*REQUIRED WORK*
When you reach the line containing "filename src/Tests/Source.antt" in the data below, begin returning lines exactly as written, and stop once the line containing "record Net : Type 0 where" has been returned.

-- SUPPLIED INFORMATION follows --

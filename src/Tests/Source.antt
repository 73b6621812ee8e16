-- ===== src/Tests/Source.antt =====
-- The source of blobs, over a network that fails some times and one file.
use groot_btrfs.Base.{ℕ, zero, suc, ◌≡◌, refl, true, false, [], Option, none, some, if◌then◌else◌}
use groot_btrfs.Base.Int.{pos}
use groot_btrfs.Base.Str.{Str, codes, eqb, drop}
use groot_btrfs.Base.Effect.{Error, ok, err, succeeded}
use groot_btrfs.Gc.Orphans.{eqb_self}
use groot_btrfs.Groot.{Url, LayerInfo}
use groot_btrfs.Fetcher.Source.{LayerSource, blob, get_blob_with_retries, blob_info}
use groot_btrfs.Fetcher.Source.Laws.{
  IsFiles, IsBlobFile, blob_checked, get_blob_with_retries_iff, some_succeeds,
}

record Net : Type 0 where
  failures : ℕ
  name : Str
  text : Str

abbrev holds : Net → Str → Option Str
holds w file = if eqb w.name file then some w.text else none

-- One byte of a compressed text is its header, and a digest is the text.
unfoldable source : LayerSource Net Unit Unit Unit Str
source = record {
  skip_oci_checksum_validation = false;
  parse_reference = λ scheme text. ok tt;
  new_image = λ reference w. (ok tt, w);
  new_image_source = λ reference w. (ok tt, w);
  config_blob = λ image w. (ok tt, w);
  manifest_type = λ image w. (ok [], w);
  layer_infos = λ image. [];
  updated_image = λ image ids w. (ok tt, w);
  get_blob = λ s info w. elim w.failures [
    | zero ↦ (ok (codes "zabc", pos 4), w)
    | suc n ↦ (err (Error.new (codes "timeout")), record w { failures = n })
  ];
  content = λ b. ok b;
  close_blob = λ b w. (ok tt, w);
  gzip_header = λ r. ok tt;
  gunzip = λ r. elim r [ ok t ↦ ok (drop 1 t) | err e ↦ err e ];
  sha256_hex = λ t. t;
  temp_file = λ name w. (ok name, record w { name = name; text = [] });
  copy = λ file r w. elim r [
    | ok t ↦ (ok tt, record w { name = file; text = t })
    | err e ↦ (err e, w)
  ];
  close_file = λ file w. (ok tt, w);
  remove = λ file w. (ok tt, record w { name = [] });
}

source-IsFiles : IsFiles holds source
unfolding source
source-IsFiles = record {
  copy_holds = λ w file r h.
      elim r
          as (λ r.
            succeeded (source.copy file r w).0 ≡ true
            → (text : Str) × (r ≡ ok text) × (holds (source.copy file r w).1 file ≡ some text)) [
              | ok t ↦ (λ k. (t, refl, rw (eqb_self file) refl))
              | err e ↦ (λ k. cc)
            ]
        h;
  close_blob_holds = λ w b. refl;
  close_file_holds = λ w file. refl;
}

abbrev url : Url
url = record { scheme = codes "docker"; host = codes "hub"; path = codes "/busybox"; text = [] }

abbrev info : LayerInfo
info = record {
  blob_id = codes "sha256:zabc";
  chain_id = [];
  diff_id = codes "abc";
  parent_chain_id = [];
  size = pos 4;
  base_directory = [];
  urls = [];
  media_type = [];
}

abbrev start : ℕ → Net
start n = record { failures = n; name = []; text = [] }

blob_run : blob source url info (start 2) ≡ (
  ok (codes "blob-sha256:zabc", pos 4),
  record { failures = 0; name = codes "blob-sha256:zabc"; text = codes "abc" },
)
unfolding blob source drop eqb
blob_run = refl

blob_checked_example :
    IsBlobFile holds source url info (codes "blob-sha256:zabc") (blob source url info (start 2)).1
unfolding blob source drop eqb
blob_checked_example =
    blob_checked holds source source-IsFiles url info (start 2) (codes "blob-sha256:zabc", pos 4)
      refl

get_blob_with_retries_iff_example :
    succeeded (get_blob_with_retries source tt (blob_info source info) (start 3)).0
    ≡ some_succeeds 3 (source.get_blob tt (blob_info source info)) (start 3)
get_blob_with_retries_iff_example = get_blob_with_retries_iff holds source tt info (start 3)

-- SUPPLIED INFORMATION concluded --
-- SUPPLIED INFORMATION follows --

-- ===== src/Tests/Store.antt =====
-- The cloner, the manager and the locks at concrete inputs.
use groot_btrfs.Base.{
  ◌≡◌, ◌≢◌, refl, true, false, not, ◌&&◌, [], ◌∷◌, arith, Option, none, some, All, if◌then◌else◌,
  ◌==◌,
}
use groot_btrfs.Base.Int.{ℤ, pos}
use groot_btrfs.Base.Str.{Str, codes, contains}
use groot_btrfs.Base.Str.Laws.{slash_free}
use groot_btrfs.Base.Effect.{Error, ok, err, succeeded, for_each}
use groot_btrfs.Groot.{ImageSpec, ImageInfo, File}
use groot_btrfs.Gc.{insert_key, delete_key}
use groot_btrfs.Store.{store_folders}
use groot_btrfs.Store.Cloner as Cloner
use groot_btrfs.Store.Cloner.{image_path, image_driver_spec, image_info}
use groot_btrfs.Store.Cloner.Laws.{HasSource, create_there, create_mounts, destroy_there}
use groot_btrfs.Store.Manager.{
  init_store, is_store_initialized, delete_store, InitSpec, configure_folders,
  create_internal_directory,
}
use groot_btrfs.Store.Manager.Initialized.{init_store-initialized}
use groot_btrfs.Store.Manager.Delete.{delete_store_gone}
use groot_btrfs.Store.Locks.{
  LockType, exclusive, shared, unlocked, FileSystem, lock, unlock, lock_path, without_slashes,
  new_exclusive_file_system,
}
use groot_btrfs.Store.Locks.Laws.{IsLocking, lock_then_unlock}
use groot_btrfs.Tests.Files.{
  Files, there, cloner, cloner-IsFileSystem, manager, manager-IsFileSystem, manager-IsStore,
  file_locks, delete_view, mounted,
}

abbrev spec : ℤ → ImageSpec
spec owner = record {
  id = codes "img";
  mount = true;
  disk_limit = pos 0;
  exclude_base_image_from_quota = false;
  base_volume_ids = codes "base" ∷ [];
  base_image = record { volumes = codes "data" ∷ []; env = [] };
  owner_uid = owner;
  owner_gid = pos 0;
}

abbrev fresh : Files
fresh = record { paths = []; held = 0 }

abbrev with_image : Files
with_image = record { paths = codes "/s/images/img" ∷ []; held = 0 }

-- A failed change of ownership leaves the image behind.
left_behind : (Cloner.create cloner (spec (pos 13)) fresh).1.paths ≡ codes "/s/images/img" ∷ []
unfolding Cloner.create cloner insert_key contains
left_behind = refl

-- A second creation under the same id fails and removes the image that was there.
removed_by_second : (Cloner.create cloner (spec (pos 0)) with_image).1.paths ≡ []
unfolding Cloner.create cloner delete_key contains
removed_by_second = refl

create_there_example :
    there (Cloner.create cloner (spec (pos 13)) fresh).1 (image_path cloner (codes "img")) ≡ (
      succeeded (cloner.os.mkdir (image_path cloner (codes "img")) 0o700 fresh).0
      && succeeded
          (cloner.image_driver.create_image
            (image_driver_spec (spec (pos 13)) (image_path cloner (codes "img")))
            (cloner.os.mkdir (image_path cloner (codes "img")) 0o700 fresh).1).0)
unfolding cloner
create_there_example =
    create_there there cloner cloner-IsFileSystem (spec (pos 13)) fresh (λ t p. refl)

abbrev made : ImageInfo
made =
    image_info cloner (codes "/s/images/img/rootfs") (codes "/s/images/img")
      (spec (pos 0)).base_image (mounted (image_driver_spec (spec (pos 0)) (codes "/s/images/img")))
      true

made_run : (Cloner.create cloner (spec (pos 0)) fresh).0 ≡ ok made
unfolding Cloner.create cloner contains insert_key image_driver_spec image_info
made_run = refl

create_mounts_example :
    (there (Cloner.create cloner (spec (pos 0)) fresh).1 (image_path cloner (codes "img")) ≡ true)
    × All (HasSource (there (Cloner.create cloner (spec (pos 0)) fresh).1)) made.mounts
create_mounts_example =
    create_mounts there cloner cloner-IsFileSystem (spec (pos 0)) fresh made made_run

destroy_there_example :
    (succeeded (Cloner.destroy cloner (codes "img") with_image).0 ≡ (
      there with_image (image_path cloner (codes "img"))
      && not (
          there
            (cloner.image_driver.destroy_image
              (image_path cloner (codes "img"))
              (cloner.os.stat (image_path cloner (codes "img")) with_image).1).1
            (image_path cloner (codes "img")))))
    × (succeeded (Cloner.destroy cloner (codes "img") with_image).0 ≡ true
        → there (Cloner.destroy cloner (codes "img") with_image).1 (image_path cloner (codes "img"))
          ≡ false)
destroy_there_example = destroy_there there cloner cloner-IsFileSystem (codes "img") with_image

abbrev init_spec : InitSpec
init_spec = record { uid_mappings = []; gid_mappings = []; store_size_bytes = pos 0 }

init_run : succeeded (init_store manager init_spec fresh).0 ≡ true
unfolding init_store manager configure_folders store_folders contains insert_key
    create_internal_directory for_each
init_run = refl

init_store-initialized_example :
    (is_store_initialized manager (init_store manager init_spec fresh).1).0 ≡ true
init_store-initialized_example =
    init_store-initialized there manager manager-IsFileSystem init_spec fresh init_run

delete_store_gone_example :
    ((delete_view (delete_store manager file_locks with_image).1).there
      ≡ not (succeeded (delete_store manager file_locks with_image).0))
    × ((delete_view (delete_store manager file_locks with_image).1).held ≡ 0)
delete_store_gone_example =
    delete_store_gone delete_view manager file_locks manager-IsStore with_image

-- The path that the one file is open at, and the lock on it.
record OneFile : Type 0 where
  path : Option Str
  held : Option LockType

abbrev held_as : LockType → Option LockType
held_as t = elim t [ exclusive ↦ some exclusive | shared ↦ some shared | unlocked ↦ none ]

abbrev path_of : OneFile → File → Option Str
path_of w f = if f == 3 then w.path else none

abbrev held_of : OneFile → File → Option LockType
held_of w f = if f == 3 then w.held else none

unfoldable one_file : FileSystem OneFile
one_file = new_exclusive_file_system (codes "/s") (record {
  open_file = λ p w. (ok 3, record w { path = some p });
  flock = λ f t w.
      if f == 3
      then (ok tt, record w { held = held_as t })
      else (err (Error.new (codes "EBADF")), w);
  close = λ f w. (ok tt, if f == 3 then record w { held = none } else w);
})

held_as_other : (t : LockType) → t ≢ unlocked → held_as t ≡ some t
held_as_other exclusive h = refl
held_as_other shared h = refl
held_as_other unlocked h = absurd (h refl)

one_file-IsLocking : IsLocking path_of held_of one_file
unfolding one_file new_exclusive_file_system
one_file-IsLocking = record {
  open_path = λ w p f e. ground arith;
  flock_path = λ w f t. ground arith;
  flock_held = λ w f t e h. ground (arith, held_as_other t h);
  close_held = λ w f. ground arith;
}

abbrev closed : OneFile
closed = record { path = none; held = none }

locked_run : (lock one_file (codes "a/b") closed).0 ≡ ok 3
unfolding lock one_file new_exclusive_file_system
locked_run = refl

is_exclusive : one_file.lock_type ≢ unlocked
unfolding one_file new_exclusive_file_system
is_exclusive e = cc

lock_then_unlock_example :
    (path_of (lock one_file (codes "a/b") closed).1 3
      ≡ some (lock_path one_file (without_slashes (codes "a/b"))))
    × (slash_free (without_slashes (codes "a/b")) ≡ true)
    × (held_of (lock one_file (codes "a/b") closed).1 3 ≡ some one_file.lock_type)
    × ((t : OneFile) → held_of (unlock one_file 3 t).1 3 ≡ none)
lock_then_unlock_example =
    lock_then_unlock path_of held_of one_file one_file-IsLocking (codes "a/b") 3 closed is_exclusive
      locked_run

-- SUPPLIED INFORMATION concluded --

*ANSWER SECTION*
filename src/Tests/Source.antt
repository 73b6621812ee8e16
-- ===== src/Tests/Source.antt =====
-- The source of blobs, over a network that fails some times and one file.
use groot_btrfs.Base.{ℕ, zero, suc, ◌≡◌, refl, true, false, [], Option, none, some, if◌then◌else◌}
use groot_btrfs.Base.Int.{pos}
use groot_btrfs.Base.Str.{Str, codes, eqb, drop}
use groot_btrfs.Base.Effect.{Error, ok, err, succeeded}
use groot_btrfs.Gc.Orphans.{eqb_self}
use groot_btrfs.Groot.{Url, LayerInfo}
use groot_btrfs.Fetcher.Source.{LayerSource, blob, get_blob_with_retries, blob_info}
use groot_btrfs.Fetcher.Source.Laws.{
  IsFiles, IsBlobFile, blob_checked, get_blob_with_retries_iff, some_succeeds,
}

record Net : Type 0 where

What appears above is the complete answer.